Nothing
R/ODEmorris.default.R
In ODEsensitivity: Sensitivity Analysis of Ordinary Differential Equations
#' @title Morris Screening for General ODE Models
#'
#' @description
#' \code{ODEmorris.default} is the default method of \code{\link{ODEmorris}}. It
#' performs a sensitivity analysis for general ODE models using the Morris
#' screening method.
#'
#' @param mod [\code{function(Time, State, Pars)}]\cr
#' model to examine, supplied in the manner as needed for
#' \code{\link[deSolve]{ode}} (see example below).
#' @param pars [\code{character(k)}]\cr
#' names of the parameters to be included as input variables in Morris
#' screening.
#' @param state_init [\code{numeric(z)}]\cr
#' vector of \code{z} initial values. Must be named (with unique names).
#' @param times [\code{numeric}]\cr
#' points of time at which the sensitivity analysis should be executed (vector
#' of arbitrary length). The first point of time must be greater than zero.
#' @param binf [\code{character(1} or \code{k)}]\cr
#' vector of lower borders of possible input parameter values.
#' If they are all equal, a single value can be set.
#' @param bsup [\code{character(1} or \code{k)}]\cr
#' vector of upper borders of possible input parameter values.
#' If they are all equal, a single value can be set.
#' @param r [\code{integer(1 or 2)}]\cr
#' if of length 1, the number of repetitions of the \code{design}. If of
#' length 2, a space-filling optimization of the sampling design is used, see
#' \code{\link[sensitivity]{morris}}. However, this space-filling optimization
#' might lead to long runtimes, so length 1 is recommended for \code{r}.
#' Defaults to 500.
#' @param design [\code{list}]\cr
#' a list specifying the design type and its parameters,
#' cf. \code{\link[sensitivity]{morris}}.
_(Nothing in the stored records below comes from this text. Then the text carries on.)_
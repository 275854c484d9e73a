-- ===== src/Encoding/Zeros.antt =====
-- Sequences of zero bytes, such as the `ZeroHash` of src/common/types.cpp.
use blockchain_demo.Prelude.{ℕ, zero, suc, refl, Bytes, arith, All, replicate}
use blockchain_demo.Encoding.{IsByte, IsHash, zero_hash}

abbrev pub zeros : ℕ → Bytes
zeros n = replicate n 0

pub zeros_are_bytes : (n : ℕ) → All IsByte (zeros n)
zeros_are_bytes zero = tt
zeros_are_bytes (suc n) = (omega arith, zeros_are_bytes n)

pub zero_hash-IsHash : IsHash zero_hash
unfolding zero_hash
zero_hash-IsHash = (refl, zeros_are_bytes 32)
#' @param scale [\code{logical(1)}]\cr
#' if \code{TRUE}, scaling is done for the input design of experiments after
#' building the design and before calculating the elementary effects,
#' cf. \code{\link[sensitivity]{morris}}. Defaults to \code{TRUE}, which is
#' highly recommended if the factors have different orders of magnitude, see
#' \code{\link[sensitivity]{morris}}.
#' @param ode_method [\code{character(1)}]\cr
#' method to be used for solving the differential equations, see
#' \code{\link[deSolve]{ode}}. Defaults to \code{"lsoda"}.
#' @param parallel_eval [\code{logical(1)}]\cr
#' logical indicating if the evaluation of the ODE model shall be performed
#' parallelized.
#' @param parallel_eval_ncores [\code{integer(1)}]\cr
#' number of processor cores to be used for parallelization. Only applies if
#' \code{parallel_eval = TRUE}. If set to \code{NA} (as per default) and
#' \code{parallel_eval = TRUE}, 1 processor core is used.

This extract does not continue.